YOUR TASK » Write out, word for word, every line from the one where "unfoldable pub read_prefix_length" occurs to the final line of the entries, and nothing beyond them.

BEGIN

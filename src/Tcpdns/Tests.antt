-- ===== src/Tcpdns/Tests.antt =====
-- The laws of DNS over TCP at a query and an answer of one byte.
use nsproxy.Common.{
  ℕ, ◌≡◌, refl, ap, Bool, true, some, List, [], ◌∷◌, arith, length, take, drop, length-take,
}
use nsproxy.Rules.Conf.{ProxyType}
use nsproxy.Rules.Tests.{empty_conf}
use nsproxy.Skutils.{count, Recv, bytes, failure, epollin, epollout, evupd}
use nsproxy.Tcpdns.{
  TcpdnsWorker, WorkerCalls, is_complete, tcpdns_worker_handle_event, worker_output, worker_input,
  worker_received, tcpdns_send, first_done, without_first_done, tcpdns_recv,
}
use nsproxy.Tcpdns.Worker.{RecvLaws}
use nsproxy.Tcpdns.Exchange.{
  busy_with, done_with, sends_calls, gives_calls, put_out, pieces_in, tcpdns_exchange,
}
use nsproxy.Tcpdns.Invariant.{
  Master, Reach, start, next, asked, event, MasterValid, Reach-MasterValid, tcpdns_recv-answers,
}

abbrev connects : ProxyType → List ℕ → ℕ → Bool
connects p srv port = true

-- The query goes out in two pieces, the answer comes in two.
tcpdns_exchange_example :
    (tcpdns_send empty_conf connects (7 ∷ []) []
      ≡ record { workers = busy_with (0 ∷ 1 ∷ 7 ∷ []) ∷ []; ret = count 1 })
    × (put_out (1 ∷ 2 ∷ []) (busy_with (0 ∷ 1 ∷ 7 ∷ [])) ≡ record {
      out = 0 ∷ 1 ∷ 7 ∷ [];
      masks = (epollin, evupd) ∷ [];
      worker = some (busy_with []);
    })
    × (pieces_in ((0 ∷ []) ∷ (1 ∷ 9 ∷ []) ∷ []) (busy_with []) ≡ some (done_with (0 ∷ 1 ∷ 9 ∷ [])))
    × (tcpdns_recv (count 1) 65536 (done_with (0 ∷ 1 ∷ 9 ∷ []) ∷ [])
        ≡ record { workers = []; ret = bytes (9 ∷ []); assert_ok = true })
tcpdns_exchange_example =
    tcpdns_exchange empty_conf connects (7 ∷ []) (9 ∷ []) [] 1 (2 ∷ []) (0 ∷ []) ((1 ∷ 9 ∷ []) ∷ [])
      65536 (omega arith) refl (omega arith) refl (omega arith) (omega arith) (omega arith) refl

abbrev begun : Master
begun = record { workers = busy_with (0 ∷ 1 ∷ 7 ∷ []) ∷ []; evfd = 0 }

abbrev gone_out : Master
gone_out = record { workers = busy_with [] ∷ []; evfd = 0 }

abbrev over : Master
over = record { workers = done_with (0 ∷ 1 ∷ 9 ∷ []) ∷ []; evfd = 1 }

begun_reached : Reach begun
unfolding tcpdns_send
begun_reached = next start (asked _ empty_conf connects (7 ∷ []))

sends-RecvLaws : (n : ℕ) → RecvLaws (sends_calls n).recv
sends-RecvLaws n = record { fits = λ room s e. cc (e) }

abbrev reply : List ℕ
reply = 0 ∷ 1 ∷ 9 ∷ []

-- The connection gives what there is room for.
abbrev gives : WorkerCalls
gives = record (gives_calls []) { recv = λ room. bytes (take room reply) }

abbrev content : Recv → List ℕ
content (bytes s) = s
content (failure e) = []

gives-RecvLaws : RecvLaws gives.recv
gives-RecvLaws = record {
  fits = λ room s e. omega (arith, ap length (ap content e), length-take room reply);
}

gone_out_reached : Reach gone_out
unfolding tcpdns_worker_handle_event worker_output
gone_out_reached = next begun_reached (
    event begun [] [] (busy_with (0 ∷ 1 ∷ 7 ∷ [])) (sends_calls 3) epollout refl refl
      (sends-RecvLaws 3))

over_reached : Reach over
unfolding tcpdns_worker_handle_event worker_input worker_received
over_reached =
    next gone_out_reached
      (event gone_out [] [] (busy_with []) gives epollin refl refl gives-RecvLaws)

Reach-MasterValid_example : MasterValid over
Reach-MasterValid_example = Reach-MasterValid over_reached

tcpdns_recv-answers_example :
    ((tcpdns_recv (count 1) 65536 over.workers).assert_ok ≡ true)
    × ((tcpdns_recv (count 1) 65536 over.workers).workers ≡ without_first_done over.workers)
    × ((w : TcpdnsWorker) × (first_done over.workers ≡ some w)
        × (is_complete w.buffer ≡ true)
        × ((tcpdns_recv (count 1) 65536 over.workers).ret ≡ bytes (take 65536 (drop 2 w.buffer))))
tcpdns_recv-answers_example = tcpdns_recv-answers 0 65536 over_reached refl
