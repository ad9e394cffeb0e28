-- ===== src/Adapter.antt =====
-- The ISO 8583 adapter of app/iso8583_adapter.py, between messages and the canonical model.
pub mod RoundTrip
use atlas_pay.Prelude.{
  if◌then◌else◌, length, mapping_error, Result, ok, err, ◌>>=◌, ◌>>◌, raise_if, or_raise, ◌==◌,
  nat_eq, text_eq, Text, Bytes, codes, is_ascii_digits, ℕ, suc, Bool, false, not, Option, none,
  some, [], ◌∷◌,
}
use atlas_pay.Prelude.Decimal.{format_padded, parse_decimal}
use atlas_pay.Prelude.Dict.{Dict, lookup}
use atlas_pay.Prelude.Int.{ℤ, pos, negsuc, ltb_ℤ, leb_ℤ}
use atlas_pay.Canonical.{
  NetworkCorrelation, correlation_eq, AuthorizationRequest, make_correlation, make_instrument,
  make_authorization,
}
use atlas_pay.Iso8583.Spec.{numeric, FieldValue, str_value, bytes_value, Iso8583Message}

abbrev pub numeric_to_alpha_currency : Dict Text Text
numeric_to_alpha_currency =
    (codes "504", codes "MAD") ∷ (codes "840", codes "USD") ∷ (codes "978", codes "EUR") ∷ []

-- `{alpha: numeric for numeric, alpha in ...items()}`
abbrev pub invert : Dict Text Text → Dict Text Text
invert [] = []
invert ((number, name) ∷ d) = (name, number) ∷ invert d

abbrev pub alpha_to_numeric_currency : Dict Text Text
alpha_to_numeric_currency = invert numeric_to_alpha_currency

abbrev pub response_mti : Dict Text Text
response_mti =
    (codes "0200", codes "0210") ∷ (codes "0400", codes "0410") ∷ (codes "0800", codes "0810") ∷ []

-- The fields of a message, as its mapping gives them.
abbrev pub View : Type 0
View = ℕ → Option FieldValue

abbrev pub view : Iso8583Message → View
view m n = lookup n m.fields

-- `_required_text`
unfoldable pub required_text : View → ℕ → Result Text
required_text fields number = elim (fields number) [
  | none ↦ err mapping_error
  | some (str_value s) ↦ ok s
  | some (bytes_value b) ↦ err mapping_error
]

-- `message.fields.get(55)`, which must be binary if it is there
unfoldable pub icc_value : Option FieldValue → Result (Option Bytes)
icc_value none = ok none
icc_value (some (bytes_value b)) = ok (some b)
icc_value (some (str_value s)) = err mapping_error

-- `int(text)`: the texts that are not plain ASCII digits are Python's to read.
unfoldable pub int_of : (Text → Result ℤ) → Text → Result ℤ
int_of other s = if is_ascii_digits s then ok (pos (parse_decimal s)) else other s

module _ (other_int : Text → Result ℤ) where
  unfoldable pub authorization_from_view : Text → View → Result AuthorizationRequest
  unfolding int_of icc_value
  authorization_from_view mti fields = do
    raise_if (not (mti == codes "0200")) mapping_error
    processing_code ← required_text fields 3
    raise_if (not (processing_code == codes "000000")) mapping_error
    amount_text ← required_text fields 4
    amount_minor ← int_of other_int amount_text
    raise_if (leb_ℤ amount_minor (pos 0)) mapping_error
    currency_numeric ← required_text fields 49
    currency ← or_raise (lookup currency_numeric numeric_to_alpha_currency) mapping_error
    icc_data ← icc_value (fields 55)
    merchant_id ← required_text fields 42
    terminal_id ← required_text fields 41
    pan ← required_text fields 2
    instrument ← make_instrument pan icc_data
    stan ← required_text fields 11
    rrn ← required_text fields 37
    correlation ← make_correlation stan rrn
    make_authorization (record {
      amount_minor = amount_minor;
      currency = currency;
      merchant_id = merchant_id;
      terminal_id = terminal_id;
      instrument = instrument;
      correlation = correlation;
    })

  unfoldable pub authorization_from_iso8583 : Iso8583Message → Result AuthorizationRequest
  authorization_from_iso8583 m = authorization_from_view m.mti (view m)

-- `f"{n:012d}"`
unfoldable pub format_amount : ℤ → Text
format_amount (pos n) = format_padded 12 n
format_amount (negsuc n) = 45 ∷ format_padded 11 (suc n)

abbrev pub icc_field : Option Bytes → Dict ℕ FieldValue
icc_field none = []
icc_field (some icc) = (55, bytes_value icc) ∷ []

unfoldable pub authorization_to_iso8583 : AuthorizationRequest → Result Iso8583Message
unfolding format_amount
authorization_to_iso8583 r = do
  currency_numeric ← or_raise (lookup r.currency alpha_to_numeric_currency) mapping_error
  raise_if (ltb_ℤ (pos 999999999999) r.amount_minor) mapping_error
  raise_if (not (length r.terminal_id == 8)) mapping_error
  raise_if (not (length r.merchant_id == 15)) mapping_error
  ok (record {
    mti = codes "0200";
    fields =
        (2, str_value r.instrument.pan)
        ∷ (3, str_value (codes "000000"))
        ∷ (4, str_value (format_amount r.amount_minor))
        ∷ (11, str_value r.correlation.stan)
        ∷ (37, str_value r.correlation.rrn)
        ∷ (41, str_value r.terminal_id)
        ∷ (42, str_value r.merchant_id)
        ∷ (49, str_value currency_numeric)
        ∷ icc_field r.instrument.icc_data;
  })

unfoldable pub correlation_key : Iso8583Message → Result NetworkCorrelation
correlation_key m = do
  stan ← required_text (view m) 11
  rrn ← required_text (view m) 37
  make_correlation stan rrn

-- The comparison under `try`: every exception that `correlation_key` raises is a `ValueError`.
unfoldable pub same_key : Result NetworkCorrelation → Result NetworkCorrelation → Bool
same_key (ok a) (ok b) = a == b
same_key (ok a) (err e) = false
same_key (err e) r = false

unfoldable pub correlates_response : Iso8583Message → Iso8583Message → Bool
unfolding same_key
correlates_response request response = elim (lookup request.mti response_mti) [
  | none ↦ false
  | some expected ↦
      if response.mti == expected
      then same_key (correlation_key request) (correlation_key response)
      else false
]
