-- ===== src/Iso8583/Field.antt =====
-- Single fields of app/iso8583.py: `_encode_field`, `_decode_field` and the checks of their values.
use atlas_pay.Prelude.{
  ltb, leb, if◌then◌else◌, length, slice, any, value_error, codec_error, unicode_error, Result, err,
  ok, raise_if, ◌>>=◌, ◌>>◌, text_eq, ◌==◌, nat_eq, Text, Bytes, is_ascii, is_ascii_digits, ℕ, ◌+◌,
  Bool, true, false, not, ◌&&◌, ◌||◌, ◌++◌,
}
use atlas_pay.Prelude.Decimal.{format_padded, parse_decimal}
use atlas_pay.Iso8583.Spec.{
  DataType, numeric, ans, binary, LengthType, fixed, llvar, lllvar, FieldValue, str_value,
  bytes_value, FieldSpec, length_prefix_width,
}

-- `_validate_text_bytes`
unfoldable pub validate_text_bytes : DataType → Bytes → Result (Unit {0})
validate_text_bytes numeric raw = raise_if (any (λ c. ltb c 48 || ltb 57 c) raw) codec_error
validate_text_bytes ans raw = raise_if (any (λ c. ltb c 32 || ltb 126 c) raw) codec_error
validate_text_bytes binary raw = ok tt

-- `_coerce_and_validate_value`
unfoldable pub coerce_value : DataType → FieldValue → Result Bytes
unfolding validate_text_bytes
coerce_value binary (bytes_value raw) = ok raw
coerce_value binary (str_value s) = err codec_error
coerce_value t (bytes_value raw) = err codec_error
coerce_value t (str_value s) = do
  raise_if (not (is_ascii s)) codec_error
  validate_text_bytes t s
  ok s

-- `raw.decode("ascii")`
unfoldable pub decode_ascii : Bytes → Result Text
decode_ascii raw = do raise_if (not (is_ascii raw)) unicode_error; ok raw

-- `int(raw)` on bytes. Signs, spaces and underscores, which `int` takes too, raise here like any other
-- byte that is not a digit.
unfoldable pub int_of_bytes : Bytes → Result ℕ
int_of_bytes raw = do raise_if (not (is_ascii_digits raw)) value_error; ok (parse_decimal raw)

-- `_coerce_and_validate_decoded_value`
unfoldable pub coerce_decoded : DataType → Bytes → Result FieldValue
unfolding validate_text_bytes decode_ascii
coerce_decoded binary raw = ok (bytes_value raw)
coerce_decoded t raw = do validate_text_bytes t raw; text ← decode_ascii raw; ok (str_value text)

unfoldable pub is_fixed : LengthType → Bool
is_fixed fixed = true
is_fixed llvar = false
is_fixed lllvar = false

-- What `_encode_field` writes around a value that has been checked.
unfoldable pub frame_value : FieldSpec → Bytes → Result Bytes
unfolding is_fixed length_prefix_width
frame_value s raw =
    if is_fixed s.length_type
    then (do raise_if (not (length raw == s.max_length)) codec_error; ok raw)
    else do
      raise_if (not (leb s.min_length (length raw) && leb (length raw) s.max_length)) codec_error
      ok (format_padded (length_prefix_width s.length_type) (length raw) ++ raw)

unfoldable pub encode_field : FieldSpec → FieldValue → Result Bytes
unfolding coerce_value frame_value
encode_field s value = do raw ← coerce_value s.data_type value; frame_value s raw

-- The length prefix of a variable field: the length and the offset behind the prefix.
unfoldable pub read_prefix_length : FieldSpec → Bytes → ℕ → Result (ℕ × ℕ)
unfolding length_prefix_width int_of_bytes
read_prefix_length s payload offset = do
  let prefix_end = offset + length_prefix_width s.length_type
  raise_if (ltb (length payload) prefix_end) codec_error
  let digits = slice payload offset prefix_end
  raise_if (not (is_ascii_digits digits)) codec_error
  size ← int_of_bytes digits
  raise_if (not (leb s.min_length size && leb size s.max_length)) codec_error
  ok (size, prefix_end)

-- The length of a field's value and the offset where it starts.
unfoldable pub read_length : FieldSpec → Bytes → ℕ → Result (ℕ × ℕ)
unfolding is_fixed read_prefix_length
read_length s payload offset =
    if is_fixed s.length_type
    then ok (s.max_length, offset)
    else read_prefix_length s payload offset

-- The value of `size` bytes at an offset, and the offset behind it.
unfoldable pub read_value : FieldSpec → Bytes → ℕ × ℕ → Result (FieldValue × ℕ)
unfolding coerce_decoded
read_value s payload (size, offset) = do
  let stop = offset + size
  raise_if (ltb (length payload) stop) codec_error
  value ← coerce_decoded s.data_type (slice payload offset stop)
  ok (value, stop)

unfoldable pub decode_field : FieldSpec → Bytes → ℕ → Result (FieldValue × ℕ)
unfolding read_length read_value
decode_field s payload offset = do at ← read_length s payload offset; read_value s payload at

END

TASK RESULT »
unfoldable pub read_prefix_length : FieldSpec → Bytes → ℕ → Result (ℕ × ℕ)
unfolding length_prefix_width int_of_bytes
read_prefix_length s payload offset = do
  let prefix_end = offset + length_prefix_width s.length_type
  raise_if (ltb (length payload) prefix_end) codec_error
  let digits = slice payload offset prefix_end
  raise_if (not (is_ascii_digits digits)) codec_error
  size ← int_of_bytes digits
  raise_if (not (leb s.min_length size && leb size s.max_length)) codec_error
  ok (size, prefix_end)

-- The length of a field's value and the offset where it starts.
unfoldable pub read_length : FieldSpec → Bytes → ℕ → Result (ℕ × ℕ)
unfolding is_fixed read_prefix_length
read_length s payload offset =
    if is_fixed s.length_type
    then ok (s.max_length, offset)
    else read_prefix_length s payload offset

-- The value of `size` bytes at an offset, and the offset behind it.
unfoldable pub read_value : FieldSpec → Bytes → ℕ × ℕ → Result (FieldValue × ℕ)
unfolding coerce_decoded
read_value s payload (size, offset) = do
  let stop = offset + size
  raise_if (ltb (length payload) stop) codec_error
  value ← coerce_decoded s.data_type (slice payload offset stop)
  ok (value, stop)

unfoldable pub decode_field : FieldSpec → Bytes → ℕ → Result (FieldValue × ℕ)
unfolding read_length read_value
decode_field s payload offset = do at ← read_length s payload offset; read_value s payload at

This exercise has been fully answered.